*** Block opens ***

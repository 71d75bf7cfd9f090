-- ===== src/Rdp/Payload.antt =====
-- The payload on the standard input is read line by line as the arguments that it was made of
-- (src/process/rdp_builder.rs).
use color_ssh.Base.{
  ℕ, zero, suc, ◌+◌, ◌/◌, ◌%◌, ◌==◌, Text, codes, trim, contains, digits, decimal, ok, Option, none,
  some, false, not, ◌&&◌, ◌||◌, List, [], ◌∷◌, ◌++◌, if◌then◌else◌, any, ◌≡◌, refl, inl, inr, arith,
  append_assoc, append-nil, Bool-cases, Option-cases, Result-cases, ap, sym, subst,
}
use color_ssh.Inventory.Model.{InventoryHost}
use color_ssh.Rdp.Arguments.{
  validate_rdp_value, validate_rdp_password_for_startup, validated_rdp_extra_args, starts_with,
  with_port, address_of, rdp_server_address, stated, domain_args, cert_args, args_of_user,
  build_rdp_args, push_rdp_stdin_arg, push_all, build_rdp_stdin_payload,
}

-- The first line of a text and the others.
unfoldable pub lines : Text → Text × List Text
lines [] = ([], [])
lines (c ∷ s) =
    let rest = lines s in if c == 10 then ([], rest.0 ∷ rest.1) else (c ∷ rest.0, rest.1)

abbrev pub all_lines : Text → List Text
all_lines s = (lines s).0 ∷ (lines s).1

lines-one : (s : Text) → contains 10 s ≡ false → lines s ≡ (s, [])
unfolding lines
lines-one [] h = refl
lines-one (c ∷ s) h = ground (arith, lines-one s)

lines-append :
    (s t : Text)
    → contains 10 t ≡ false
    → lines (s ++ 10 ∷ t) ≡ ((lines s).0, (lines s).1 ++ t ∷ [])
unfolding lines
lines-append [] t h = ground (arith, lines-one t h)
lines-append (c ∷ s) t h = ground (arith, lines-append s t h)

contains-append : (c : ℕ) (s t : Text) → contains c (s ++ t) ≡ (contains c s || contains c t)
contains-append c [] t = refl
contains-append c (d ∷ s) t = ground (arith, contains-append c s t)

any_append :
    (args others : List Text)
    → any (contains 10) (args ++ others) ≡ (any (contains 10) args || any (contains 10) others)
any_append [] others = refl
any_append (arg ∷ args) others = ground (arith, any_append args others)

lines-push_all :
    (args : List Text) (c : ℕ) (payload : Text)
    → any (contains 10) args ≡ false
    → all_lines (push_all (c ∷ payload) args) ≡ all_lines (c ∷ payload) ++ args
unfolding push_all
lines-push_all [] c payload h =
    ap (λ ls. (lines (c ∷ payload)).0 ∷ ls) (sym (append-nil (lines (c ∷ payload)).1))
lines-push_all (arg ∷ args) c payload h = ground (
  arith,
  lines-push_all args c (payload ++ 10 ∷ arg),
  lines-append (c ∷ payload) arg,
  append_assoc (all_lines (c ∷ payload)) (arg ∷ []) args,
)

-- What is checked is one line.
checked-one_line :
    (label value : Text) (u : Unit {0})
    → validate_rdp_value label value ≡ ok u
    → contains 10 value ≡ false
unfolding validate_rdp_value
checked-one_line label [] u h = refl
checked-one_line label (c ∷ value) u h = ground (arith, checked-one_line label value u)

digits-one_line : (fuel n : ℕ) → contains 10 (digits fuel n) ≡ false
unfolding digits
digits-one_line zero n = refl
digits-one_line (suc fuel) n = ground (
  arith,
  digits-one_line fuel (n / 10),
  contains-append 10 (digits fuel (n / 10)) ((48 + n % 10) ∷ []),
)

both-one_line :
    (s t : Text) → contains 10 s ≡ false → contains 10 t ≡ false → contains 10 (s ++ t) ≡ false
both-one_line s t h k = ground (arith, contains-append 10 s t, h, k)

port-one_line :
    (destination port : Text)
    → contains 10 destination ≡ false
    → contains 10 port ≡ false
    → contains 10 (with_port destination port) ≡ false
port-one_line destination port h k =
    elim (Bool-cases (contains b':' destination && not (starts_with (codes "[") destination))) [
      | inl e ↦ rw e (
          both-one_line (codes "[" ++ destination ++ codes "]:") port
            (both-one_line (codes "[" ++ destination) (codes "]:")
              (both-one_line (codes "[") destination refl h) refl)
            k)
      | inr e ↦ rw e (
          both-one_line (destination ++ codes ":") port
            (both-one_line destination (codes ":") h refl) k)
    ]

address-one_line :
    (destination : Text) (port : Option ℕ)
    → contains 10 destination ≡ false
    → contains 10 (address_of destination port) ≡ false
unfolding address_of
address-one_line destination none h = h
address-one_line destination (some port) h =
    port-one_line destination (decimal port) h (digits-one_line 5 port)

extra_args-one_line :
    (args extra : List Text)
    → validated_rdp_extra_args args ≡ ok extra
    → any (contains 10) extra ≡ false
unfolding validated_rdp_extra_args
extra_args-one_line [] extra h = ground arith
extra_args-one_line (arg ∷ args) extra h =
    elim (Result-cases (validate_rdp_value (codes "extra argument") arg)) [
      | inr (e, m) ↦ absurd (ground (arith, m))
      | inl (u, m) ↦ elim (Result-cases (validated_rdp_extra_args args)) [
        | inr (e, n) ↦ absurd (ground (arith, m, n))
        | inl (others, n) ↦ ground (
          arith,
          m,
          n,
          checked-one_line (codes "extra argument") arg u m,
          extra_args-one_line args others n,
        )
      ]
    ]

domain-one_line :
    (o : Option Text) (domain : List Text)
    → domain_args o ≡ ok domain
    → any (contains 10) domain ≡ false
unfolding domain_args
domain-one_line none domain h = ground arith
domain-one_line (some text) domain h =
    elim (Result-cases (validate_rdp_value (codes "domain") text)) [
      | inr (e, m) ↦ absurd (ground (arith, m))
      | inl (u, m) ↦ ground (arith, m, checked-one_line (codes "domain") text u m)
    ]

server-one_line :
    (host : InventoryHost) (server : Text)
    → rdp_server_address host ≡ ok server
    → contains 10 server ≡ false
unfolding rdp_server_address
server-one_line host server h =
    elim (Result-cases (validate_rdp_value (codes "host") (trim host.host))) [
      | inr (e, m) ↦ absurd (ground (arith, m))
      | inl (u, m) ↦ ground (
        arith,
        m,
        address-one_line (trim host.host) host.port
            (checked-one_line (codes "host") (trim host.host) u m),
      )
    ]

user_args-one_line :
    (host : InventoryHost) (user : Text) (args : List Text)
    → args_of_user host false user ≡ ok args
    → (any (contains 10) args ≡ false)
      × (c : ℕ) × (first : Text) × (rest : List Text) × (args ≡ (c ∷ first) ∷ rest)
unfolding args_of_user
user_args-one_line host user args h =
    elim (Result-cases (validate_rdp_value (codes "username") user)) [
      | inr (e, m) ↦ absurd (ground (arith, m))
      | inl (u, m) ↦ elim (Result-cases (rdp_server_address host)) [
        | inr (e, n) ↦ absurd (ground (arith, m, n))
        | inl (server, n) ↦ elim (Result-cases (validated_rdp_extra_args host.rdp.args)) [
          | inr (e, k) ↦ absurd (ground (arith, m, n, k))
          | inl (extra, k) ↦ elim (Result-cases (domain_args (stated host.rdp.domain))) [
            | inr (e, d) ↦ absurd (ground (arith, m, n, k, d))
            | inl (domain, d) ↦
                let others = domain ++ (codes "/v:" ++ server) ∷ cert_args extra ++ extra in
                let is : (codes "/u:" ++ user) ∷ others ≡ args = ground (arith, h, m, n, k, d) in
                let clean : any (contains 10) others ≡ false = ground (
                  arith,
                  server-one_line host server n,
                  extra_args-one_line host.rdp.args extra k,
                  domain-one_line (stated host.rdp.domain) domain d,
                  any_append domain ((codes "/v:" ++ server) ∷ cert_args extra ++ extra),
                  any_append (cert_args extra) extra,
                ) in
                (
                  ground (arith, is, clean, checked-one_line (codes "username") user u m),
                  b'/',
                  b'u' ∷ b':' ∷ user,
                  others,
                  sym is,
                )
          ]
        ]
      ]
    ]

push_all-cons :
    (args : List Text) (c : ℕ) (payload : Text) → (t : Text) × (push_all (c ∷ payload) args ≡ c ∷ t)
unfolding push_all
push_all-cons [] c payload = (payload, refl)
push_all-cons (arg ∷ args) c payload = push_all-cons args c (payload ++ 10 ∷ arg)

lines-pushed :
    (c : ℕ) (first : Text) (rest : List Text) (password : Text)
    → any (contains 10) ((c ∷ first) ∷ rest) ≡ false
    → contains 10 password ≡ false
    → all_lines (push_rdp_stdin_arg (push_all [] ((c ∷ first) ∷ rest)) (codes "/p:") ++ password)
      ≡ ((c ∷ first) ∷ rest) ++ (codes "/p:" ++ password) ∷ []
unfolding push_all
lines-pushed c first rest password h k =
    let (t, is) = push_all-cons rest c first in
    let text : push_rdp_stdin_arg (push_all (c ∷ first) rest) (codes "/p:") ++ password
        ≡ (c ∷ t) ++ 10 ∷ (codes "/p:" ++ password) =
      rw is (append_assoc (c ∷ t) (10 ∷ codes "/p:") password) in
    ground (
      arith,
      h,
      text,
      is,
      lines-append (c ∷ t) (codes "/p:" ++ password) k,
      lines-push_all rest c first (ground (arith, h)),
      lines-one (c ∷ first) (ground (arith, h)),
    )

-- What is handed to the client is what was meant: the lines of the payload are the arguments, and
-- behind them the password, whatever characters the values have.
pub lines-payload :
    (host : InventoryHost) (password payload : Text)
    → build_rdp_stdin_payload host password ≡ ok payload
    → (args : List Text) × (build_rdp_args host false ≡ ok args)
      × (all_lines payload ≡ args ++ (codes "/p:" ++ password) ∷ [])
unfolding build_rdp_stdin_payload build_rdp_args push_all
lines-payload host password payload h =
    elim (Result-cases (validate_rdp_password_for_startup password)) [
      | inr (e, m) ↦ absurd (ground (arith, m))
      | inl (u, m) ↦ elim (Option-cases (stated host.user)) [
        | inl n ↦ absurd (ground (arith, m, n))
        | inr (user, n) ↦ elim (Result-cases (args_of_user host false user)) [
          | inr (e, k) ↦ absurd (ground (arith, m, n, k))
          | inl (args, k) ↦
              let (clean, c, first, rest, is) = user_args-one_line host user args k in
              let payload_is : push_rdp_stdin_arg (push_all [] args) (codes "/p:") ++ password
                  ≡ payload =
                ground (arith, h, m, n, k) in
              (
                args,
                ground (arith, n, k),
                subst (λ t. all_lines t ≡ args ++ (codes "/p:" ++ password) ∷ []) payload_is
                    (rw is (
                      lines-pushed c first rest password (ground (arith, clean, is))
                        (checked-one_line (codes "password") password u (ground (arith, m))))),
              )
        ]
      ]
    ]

*** Block closes ***
*** Block opens ***

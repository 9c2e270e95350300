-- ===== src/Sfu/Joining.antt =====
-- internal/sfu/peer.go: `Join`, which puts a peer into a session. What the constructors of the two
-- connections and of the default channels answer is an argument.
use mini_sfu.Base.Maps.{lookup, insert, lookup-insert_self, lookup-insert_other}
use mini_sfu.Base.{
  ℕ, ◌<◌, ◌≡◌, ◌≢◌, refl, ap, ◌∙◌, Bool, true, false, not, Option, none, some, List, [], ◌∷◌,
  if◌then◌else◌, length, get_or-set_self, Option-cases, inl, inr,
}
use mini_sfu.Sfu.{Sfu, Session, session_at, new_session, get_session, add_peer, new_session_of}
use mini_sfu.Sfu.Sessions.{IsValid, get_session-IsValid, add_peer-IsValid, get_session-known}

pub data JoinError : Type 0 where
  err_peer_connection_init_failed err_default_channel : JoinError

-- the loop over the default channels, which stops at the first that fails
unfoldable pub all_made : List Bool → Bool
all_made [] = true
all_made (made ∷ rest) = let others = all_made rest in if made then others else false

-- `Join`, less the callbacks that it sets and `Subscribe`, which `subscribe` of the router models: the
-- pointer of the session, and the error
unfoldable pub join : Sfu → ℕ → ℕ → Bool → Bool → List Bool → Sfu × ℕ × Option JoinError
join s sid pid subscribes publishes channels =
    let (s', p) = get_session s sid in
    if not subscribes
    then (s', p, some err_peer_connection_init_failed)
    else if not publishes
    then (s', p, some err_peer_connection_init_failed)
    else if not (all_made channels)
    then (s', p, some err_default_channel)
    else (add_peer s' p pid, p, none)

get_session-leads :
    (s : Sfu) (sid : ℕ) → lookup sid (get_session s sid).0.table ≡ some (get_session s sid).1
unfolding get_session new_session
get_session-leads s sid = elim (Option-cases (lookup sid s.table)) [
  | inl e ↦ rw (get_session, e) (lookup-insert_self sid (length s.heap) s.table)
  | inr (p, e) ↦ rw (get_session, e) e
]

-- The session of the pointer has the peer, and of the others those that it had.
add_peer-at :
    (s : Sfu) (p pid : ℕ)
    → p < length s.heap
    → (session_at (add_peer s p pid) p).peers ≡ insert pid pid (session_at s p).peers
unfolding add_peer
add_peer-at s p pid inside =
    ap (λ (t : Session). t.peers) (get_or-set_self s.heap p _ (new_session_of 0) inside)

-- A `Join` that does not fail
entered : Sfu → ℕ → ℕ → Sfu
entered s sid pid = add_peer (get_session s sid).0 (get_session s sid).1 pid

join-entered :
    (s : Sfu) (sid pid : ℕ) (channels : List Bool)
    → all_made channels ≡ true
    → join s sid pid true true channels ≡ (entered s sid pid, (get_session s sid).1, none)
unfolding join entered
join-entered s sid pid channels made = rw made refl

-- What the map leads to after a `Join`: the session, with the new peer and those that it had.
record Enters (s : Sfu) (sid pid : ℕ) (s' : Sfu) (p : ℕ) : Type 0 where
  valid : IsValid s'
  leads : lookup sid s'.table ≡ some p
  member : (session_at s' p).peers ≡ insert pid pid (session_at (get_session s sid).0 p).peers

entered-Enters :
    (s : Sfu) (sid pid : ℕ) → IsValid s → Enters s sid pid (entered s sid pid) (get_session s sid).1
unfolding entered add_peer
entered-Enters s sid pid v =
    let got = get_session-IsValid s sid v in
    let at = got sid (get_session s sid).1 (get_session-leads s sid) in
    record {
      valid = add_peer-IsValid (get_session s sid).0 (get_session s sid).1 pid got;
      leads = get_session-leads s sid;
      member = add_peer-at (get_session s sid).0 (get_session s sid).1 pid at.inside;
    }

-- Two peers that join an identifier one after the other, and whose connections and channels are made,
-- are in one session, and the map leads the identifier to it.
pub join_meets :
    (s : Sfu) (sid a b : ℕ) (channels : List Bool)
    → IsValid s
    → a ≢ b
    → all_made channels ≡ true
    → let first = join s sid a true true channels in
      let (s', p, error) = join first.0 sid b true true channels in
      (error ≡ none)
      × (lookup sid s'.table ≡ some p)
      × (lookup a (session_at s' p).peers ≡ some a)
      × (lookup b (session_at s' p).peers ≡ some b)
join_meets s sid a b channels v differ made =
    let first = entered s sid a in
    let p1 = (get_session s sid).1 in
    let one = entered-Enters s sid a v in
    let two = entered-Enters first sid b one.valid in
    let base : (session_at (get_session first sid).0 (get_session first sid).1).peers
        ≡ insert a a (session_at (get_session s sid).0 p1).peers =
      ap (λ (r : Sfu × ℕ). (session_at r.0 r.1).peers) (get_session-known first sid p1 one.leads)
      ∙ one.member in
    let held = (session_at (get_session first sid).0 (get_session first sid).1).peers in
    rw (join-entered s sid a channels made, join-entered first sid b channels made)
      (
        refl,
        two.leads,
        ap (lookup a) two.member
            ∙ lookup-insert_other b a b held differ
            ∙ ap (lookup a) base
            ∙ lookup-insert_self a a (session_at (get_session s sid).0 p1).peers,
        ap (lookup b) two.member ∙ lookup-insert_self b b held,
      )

*** Block closes ***
*** Block opens ***

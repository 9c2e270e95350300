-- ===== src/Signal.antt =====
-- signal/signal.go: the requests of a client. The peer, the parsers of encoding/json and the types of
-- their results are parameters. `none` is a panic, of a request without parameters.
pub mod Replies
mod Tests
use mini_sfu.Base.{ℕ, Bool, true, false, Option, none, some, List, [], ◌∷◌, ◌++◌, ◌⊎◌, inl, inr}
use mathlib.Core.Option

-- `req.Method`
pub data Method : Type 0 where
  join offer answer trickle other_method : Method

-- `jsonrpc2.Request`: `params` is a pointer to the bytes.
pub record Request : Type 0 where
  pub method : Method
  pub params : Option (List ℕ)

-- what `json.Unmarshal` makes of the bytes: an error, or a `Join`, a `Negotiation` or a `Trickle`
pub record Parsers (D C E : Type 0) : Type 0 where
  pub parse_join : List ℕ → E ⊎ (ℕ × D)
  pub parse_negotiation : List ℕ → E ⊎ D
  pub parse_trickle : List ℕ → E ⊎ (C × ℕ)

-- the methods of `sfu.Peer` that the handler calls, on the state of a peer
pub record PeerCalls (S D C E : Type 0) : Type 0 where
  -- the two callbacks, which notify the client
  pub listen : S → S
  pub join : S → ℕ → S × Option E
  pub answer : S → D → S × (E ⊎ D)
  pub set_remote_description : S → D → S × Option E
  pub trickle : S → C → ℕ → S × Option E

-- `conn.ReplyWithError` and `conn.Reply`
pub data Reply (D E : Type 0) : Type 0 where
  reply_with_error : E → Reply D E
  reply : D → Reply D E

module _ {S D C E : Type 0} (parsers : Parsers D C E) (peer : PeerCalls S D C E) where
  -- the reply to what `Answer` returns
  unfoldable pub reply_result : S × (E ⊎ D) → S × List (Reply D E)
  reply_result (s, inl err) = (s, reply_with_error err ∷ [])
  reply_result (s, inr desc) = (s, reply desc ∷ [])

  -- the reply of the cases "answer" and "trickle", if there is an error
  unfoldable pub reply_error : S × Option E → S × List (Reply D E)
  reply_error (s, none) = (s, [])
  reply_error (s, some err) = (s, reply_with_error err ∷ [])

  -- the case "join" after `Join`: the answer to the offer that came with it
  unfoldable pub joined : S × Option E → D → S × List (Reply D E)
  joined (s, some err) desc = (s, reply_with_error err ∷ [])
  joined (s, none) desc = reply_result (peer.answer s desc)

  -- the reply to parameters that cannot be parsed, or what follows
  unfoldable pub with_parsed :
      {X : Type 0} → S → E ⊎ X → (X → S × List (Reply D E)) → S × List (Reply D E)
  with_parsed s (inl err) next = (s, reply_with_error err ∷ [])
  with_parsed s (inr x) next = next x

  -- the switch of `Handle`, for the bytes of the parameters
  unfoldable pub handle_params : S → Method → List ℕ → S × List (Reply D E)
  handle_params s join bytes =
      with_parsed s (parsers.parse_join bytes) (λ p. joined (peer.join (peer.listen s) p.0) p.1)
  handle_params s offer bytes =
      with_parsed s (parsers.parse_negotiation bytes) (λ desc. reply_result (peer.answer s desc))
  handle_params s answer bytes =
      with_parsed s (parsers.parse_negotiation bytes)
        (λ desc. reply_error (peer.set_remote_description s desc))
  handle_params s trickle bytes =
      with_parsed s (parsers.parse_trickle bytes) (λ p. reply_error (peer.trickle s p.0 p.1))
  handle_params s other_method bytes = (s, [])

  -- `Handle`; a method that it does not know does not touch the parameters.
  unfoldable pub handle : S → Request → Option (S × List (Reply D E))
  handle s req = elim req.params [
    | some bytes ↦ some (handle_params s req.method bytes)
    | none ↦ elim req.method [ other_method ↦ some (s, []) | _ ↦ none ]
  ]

*** Block closes ***

▶ _Exercise directions_: Go through the listing and say how many lines contain the string "PeerCalls", offering only the number.

▶ _The answer_: 2